On Egypt

Jan 31, 2011 15:39


I have seen on the Internets: “The Iraq War cost $3 trillion. We could have saved $2.99 trillion and given the rest to Al Jazeera to get the same net result.” I am not positive it’s a misplaced sentiment. Free and unfettered political speech combined with political corruption is a terribly powerful force for change.

What Happened in Egypt?
Food insecurity is at the root. Food prices have risen as much as 30% in much of the Middle East. When people live on $5 a day are faced with food insecurity, people riot. The root is right here in CNN.

In Egypt alone, food prices soared 17% - in part because of the worldwide surge in commodities prices but also because of local supply imbalances.

Egypt also has a recorded unemployment of ~9.5% but the real numbers are likely much harder.

Then there was the story of Khalid Said. Young businessman Khalid Said saw a drug deal go down between two corrupt policemen in Alexandria, caught the video on his cellphone, and uploaded it up to YouTube. The police came around and beat him to death. It was a year ago - but long enough for him to become a symbol.
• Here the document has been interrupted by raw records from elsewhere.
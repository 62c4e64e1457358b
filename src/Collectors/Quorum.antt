-- ===== src/Collectors/Quorum.antt =====
-- The vectors of ceph/monitors.go keep series with one label value for each of their labels.
use ceph_exporter.Base.{
  ℕ, String, ◌≡◌, refl, Bool, true, false, Option, none, some, List, [], ◌∷◌, ◌++◌, map, all,
  all-append, both, Option-cases, inl, inr, length, ◌==◌, ==_iff, codes,
}
use ceph_exporter.Float.{Float64, parse}
use ceph_exporter.Conn.{Conn}
use ceph_exporter.Prometheus.{Metric, GaugeVecs, gauge, metrics_of}
use ceph_exporter.Prometheus.WellFormed.{
  is_well_formed, are_well_formed, Fits, reset-Fits, set-Fits, metrics_of-Fits,
}
use ceph_exporter.Monitors.Descs as MonitorsDescs
use ceph_exporter.Monitors
use ceph_exporter.Monitors.Commands.{
  GabsArrays, TimeCheck, FeatureGroup, Features, Replies, replies,
}
use ceph_exporter.Monitors.Tags.{VersionTags, find_tags}
use ceph_exporter.Collectors.Vectors.{and_vec}

module _ (fl : Float64) (gv : GaugeVecs fl.Value) where
  open fl use {Value}

  module _ (arrays : GabsArrays Value) where
    abbrev pub MonitorsFit : Monitors.MonitorCollector fl arrays gv → Type 0
    MonitorsFit c =
        Fits gv 1 c.clock_skew
        × Fits gv 1 c.latency
        × Fits gv 4 c.ceph_versions
        × Fits gv 3 c.ceph_features

    set_all-Fits :
        (n : ℕ) (xs : List (List String × Value)) (v : gv.Vec)
        → all (λ (ls, x). length ls == n) xs ≡ true
        → Fits gv n v
        → Fits gv n (Monitors.set_all fl arrays gv v xs)
    unfolding Monitors.set_all
    set_all-Fits n [] v e h = h
    set_all-Fits n ((ls, x) ∷ xs) v e h =
        let (e1, e2) = both (length ls == n) (all (λ (ls, x). length ls == n) xs) e in
        set_all-Fits n xs (gv.set v ls x) e2 (set-Fits gv n v ls x ((==_iff (length ls) n).0 e1) h)

    have_tags :
        (daemon : String) (counts : List (String × Value))
        → all (λ (ls, x). length ls == 4) (map (Monitors.version_labels fl arrays daemon) counts)
          ≡ true
    unfolding Monitors.version_labels
    have_tags daemon [] = refl
    have_tags daemon ((version, n) ∷ counts) =
        rw (go (find_tags (codes version))) (have_tags daemon counts)
      where
        go : (o : Option VersionTags) → (length (Monitors.tagged fl arrays daemon o) == 4) ≡ true
        go none = refl
        go (some t) = refl

    set_versions-Fits :
        (daemons : List (String × List (String × Value))) (v : gv.Vec)
        → Fits gv 4 v
        → Fits gv 4 (Monitors.set_versions fl arrays gv v daemons)
    unfolding Monitors.set_versions
    set_versions-Fits [] v h = h
    set_versions-Fits ((daemon, counts) ∷ rest) v h =
        set_versions-Fits rest
          (Monitors.set_all fl arrays gv v (map (Monitors.version_labels fl arrays daemon) counts))
          (set_all-Fits 4 (map (Monitors.version_labels fl arrays daemon) counts) v
            (have_tags daemon counts) h)

    have_features :
        (daemon : String) (groups : List FeatureGroup)
        → all (λ (ls, x). length ls == 3) (map (Monitors.feature_labels fl arrays daemon) groups)
          ≡ true
    have_features daemon [] = refl
    have_features daemon (g ∷ groups) = have_features daemon groups

    set_features-Fits :
        (daemons : Features) (v : gv.Vec)
        → Fits gv 3 v
        → Fits gv 3 (Monitors.set_features fl arrays gv v daemons)
    unfolding Monitors.set_features
    set_features-Fits [] v h = h
    set_features-Fits ((daemon, groups) ∷ rest) v h =
        set_features-Fits rest
          (Monitors.set_all fl arrays gv v (map (Monitors.feature_labels fl arrays daemon) groups))
          (set_all-Fits 3 (map (Monitors.feature_labels fl arrays daemon) groups) v
            (have_features daemon groups) h)

    set_checks-MonitorsFit :
        (checks : List (String × TimeCheck)) (c : Monitors.MonitorCollector fl arrays gv)
        → MonitorsFit c
        → MonitorsFit (Monitors.set_checks fl arrays gv checks c).0
    unfolding Monitors.set_checks
    set_checks-MonitorsFit [] c h = h
    set_checks-MonitorsFit ((mon, t) ∷ rest) c (a, b, d, e) =
        elim (Option-cases (parse fl t.skew)) [
          | inl q ↦ rw (q, Monitors.set_checks) (a, b, d, e)
          | inr (skew, q) ↦ elim (Option-cases (parse fl t.latency)) [
            | inl p ↦
                rw (q, p, Monitors.set_checks)
                  (set-Fits gv 1 c.clock_skew (mon ∷ []) skew refl a, b, d, e)
            | inr (latency, p) ↦
                rw (q, p, Monitors.set_checks)
                  (set_checks-MonitorsFit rest
                    (record c {
                      clock_skew = gv.set c.clock_skew (mon ∷ []) skew;
                      latency = gv.set c.latency (mon ∷ []) latency;
                    })
                    (
                      set-Fits gv 1 c.clock_skew (mon ∷ []) skew refl a,
                      set-Fits gv 1 c.latency (mon ∷ []) latency refl b,
                      d,
                      e,
                    ))
          ]
        ]

    set_rest-MonitorsFit :
        (r : Replies fl arrays) (s : Monitors.MonitorCollector fl arrays gv × Bool)
        → MonitorsFit s.0
        → MonitorsFit (Monitors.set_rest fl arrays gv r s).0
    unfolding Monitors.set_rest
    set_rest-MonitorsFit r (c, false) h = h
    set_rest-MonitorsFit r (c, true) (a, b, d, e) = (
      a,
      b,
      set_versions-Fits r.versions c.ceph_versions d,
      set_features-Fits r.features c.ceph_features e,
    )

    pub collect-MonitorsFit :
        (conn : Conn) (c : Monitors.MonitorCollector fl arrays gv)
        → MonitorsFit c
        → MonitorsFit (Monitors.collect fl arrays gv conn c).0
    unfolding Monitors.collect Monitors.show
    collect-MonitorsFit conn c h = go (replies fl arrays conn)
      where
        go : (o : Option (Replies fl arrays)) → MonitorsFit (Monitors.show fl arrays gv o c).0
        go none = h
        go (some r) = set_rest-MonitorsFit r _ (
            set_checks-MonitorsFit r.time_checks (Monitors.reset fl arrays gv c) (
              reset-Fits gv 1 c.clock_skew,
              reset-Fits gv 1 c.latency,
              reset-Fits gv 4 c.ceph_versions,
              reset-Fits gv 3 c.ceph_features,
            ))

    abbrev plain : Monitors.MonitorCollector fl arrays gv → Metric Value
    plain c = record {
      desc = MonitorsDescs.nodesin_quorum;
      kind = gauge;
      value = c.nodesin_quorum;
      labels = [];
    }

    pub sent_metrics-MonitorsFit :
        (c : Monitors.MonitorCollector fl arrays gv)
        → MonitorsFit c
        → are_well_formed (Monitors.sent_metrics fl arrays gv c) ≡ true
    unfolding Monitors.sent_metrics
    sent_metrics-MonitorsFit c (a, b, d, e) =
        let v1 = metrics_of gv MonitorsDescs.clock_skew gauge c.clock_skew in
        let v2 = v1 ++ metrics_of gv MonitorsDescs.latency gauge c.latency in
        let v3 = v2 ++ metrics_of gv MonitorsDescs.ceph_versions gauge c.ceph_versions in
        let v4 = v3 ++ metrics_of gv MonitorsDescs.ceph_features gauge c.ceph_features in
        let h1 = metrics_of-Fits gv MonitorsDescs.clock_skew gauge c.clock_skew a in
        let h2 = and_vec fl gv MonitorsDescs.latency c.latency v1 h1 b in
        let h3 = and_vec fl gv MonitorsDescs.ceph_versions c.ceph_versions v2 h2 d in
        let h4 = and_vec fl gv MonitorsDescs.ceph_features c.ceph_features v3 h3 e in
        all-append is_well_formed v4 (plain c ∷ []) h4 refl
And then there was January 25th, a date Hosni Mubarak put on the map for the very first time as “We Love the Secret Police Day.” No really.

Mix in Tunisia, Wikileaks, Facebook organization, a little bit of twitter, SMS, Al Jazeera, and *kerpow*

What Next?
Mubarak is playing the Iranian waiting game. He believes he can wait out the people in the streets by shutting down the banks, unleashing prisoners, destroying property, pulling the police out to allow mayhem, and terrorizing people with the military. But people with no jobs and no food have no where else better to be. And thus there is an impasse. It’s not even clear a Tienanmen Square-style massacre would disperse people at this point.

Perhaps Mubarak is simply waiting for the protesters to starve.

Either way, he is critically weakened as a strongman. He no longer has the backing of his people and his leverage is rapidly vaporizing.

On the other hand, Egypt has never had anything resembling a democracy. It’s unclear it can get there itself without some help. But, unlike lots of people who are wringing their hands, I’m sort of certain where there is a will there is a way and once people have a taste of lovely free speech and freedom to assemble and free press they have a hard time giving it back up. We’ll see.

Everyone is talking about the Muslim Brotherhood. If there were parliamentary elections in Egypt, they would take a number of seats. That is certain. Mubarak carefully terrorized and destroyed all of the secular political parties that might have threatened his reign but left the Brothers in a stunted state. They are the only ones with a political apparatus in place. The Wikipedia page isn’t bad. If they will be become crazies or if they will participate in the political process is to be seen.

The clear winner in all this is Al Jazeera. They have had a 2500% (yes, the number is right) growth in traffic to their site, most of it from the US. The servers came down for a while on Friday but donations and half the IT in Qatar is busy trying to keep them online. They’ve always been goofy but no goofier than our cable news - they just have a different point of view.